The practical... They will assign you one of two rough ins. One is PVC in one bathroom wall. You will rough in a tub, toilet, and lav.

The second is a ABS rough in with the tub on a wall by itself and the toilet and lav on opposite wall.

There will be a box of pre cut pipe and fittings. They have several pieces in each box and a few extra fittings you don't need in the rough to try to throw you off. They give you a booklet of the bathroom wall measurements and tell you EXACTLY how they want the plumbing put in.

You've got 30 mins on the rough.

It's a all or nothing on the rough in, if you fail the rough you fail the whole practical. Pass the written and fail the practical you can come back and re test 3 months later for the failed part. 

The second part is a 3/4" 45 degree offset on threaded pipe. There are 4 boxs with different centers. Measure your distance, cut your fitting take outs and plug in the formula for a 45 offset and write down your measurement. You will then thread a 3/4 nipple with a hand threader. 

The third part is a 3/4" copper tee. Cut three pieces to the length provided in the booklet and solder all sides. They cut coupons on the tee and grade you by holidays and look of joint.

That's the gist of it. Any more questions just ask.

Good luck brother


----------



## Cajunhiker (Dec 14, 2009)

Most fail the rough in hands on test their first go around either because of the 30 minute time limit or because you didn't plumb it in exactly the way they want it and with the exact fittings they want you to use. Union boys give the test and they don't budge, as they shouldn't. YOU'VE BEEN WARNED!


----------



## Plumberman (Jul 7, 2008)

They caught a dude bringing in the rough ins on a cut sheet this year or end of last.

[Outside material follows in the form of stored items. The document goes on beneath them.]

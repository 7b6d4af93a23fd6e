-- ===== src/Table/Flushed.antt =====
-- A stripe that was flushed is loaded from the table file.
use mathlib.Core.Path.{subst}
use postgres_vectorization_t.Compression.External.{AreLossless, Libraries}
use postgres_vectorization_t.Compression.RoundTrip.{IsPlainType}
use postgres_vectorization_t.Metadata.Messages.{Protobuf}
use postgres_vectorization_t.Prelude.{
  Bytes, List, [], ap, append-nil, concat, inl, inr, length, refl, some, sym, true, uint64, ℕ, ◌++◌,
  ◌+◌, ◌-◌, ◌<◌, ◌^◌, ◌∙◌, ◌≡◌,
}
use postgres_vectorization_t.Report.{of_option, ok, out_of_bounds}
use postgres_vectorization_t.Rows.Read.{projects}
use postgres_vectorization_t.Selection.{Planner}
use postgres_vectorization_t.Stripe.Columns.{AreStorableColumns}
use postgres_vectorization_t.Stripe.Reload.{IsReloaded, load_filtered_stripe_data-stripe_buffers}
use postgres_vectorization_t.Stripe.Sections.{
  StripeBuffers, stripe_buffers, stripe_metadata, stripe_writes,
}
use postgres_vectorization_t.Stripe.Whole.{IsShort}
use postgres_vectorization_t.Table.Append.{IsAppending, append_all}
use postgres_vectorization_t.Table.Commit.{Never}
use postgres_vectorization_t.Table.Ends.{After-cases, Ends, bind-Ends, known-Ends}
use postgres_vectorization_t.Table.Io.{World, table_handle}
use postgres_vectorization_t.Table.Write.{TableWriteState, flush_stripe, write_all}
use postgres_vectorization_t.Tupmacs.{Tupmacs}
use postgres_vectorization_t.Types.{StripeData, StripeMetadata, StripeSkipList}

module _ (T : Tupmacs) (L : Libraries) (protobuf : Protobuf) where
  open T use {Datum}

  -- The state behind a flush.
  abbrev pub advanced : TableWriteState T → StripeMetadata → TableWriteState T
  advanced state m = record state {
    current_file_offset =
        uint64 (state.current_file_offset + m.skip_list_length + m.data_length + m.footer_length);
  }

  flush_appends :
      (state : TableWriteState T) (table : Bytes) {stripe_data : StripeData Datum}
      {skips : StripeSkipList Datum} {b : StripeBuffers T} {m : StripeMetadata}
      → state.stripe_data ≡ some stripe_data
      → state.stripe_skip_list ≡ some skips
      → stripe_buffers T protobuf L state.compression_type state.tuple_descriptor stripe_data skips
        ≡ ok b
      → stripe_metadata T (length state.tuple_descriptor) state.current_file_offset b ≡ ok m
      → Ends
          (IsAppending table)
          (λ r w. IsAppending (table ++ concat (stripe_writes T b)) w × (r ≡ (m, advanced state m)))
          Never
          (flush_stripe T protobuf L state)
  unfolding flush_stripe
  flush_appends state table {b = b} {m = m} data_there skips_there made placed =
      known-Ends (of_option state.stripe_data out_of_bounds) _
        (ap (λ o. of_option o out_of_bounds) data_there)
        (known-Ends (of_option state.stripe_skip_list out_of_bounds) _
          (ap (λ o. of_option o out_of_bounds) skips_there)
          (known-Ends _ _ made (
            bind-Ends (write_all table_handle (stripe_writes T b)) _
              (append_all table (stripe_writes T b))
              (λ _. known-Ends _ _ placed (record { after = λ w h. (h, refl) })))))

  module _ (planner : Planner Datum) (projected : List ℕ) where
    -- When no call of the operating system fails, and the writer is at the end of the table file,
    -- at its current offset: under the conditions of the stripe's round trip, the flush succeeds
    -- and appends the buffers to the table file, and with the metadata that it returns the scan
    -- loads from the new file exactly the selected blocks of the projected columns, each with
    -- the rows it had in memory.
    pub load_filtered_stripe_data-flush_stripe :
        (size : ℕ) (state : TableWriteState T) (w : World) (stripe_data : StripeData Datum)
        (skips : StripeSkipList Datum)
        → w.outcomes ≡ []
        → w.position ≡ length w.table_file
        → state.current_file_offset ≡ length w.table_file
        → state.stripe_data ≡ some stripe_data
        → state.stripe_skip_list ≡ some skips
        → AreLossless L
        → IsPlainType state.compression_type
        → size < 2 ^ 32 - 8
        → 0 < length state.tuple_descriptor
        → length state.tuple_descriptor < 2 ^ 32
        → skips.column_count ≡ length state.tuple_descriptor
        → skips.block_count < 2 ^ 31
        → AreStorableColumns T L state.compression_type size skips.block_count
            state.tuple_descriptor stripe_data.column_data_array skips.block_skip_node_array
        → ((j : ℕ) → projects projected j ≡ true → j < length state.tuple_descriptor)
        → ((b : StripeBuffers T)
            → stripe_buffers T protobuf L state.compression_type state.tuple_descriptor stripe_data
                skips
              ≡ ok b
            → IsShort T L state.compression_type b)
        → (m : StripeMetadata) × (after : World) × (b : StripeBuffers T) × (flush_stripe T protobuf
              L state w
            ≡ (ok (m, advanced state m), after))
          × (after.table_file ≡ w.table_file ++ concat (stripe_writes T b))
          × (m.skip_list_length + m.data_length + m.footer_length
              ≡ length (concat (stripe_writes T b)))
          × IsReloaded T L state.compression_type protobuf planner state.tuple_descriptor projected
              stripe_data skips b after.table_file m
    load_filtered_stripe_data-flush_stripe size state w stripe_data skips quiet at offset data_there
          skips_there lossless plain small some_column width count few storable known short =
        let table = w.table_file in
        let attrs = state.tuple_descriptor in
        let t = state.compression_type in
        let (b, m, made, placed, total, reloaded) =
          load_filtered_stripe_data-stripe_buffers T L t protobuf planner attrs projected size
            stripe_data skips table [] lossless plain small some_column width count few storable
            known short in
        let placed_here : stripe_metadata T (length attrs) state.current_file_offset b ≡ ok m =
          subst (λ n. stripe_metadata T (length attrs) n b ≡ ok m) (sym offset) placed in
        let run = flush_stripe T protobuf L state in
        let whole = table ++ concat (stripe_writes T b) in
        let ends =
          (flush_appends state table data_there skips_there made placed_here).after w
            (record { no_failure = quiet; table_same = refl; at_end = at }) in
        elim (After-cases (λ r w. IsAppending whole w × (r ≡ (m, advanced state m))) Never (run w)
          ends) [
            | inl (r, ended, (appended, same)) ↦ (
              m,
              (run w).1,
              b,
              ap (λ r. (r, (run w).1)) (ended ∙ ap ok same),
              appended.table_same,
              total,
              subst
                  (λ file.
                    IsReloaded T L t protobuf planner attrs projected stripe_data skips b file m)
                  (ap (λ x. table ++ x) (append-nil (concat (stripe_writes T b)))
                    ∙ sym appended.table_same)
                  reloaded,
            )
            | inr (e, ended, bad) ↦ absurd bad
          ]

He was barred from taking it for a year I believe and they shook the test up, and changed all the measurements. On the old test I could tell you exactly how the pieces where plugged in by measurement, but I was told they have a few different cut sheets now but I think the bathroom lay out is different.

The tub use to hit first on the outside wall but I was told that its flip flopped now with the flow going outside the house, which would make you re vent the tub per state code but I'm sure they omitted that...


----------



## Redlee (Oct 2, 2013)

Thanks Plumberman for all of the information. I have looked at the venting in the code book and it is different than our code. Is there a way that you could shoot me an iso drawing of what the test rough in was when you took the test?


----------



## PlumbDumber (Aug 7, 2013)

I believe that my State of Alabama Masters is good in Louisiana. Would I need a journeyman's license there if I wanted to do a job there ?

I know that many of the states have agreements. If this is just a single job, it might be easier & quicker to take a masters test in another state that has an agreement with Louisiana.


----------



## Redlee (Oct 2, 2013)

Well I am taking the journeyman test tomorrow... If that doesn't go well I may have to look for another option.


----------



## 504Plumber (Jan 26, 2011)

Plumber man is spot on, the solder portion is actually a 1" tee.

They have a prep class for the test that helps you out if you need it. The written portion is a no brainer, mostly common sense stuff, the lab portion is fairly easy just try not to get tripped up on something stupid and pay attention.


----------



## Plumberman (Jul 7, 2008)

504Plumber said:


> Plumber man is spot on, the solder portion is actually a 1" tee.
> 
> They have a prep class for the test that helps you out if you need it. The written portion is a no brainer, mostly common sense stuff, the lab portion is fairly easy just try not to get tripped up on something stupid and pay attention.


Been about 5 years ago, I was doing good to remember any of it.

Lol


----------



## Plumberman (Jul 7, 2008)

PlumbDumber said:


> I believe that my State of Alabama Masters is good in Louisiana. Would I need a journeyman's license there if I wanted to do a job there ?
> 
> I know that many of the states have agreements. If this is just a single job, it might be easier & quicker to take a masters test in another state that has an agreement with Louisiana.


Yes you would have to sit for j-mans test.

Louisiana doesn't reciprocate with any states.

Pretty sure we are the only one operating under The Standard Plumbing Code.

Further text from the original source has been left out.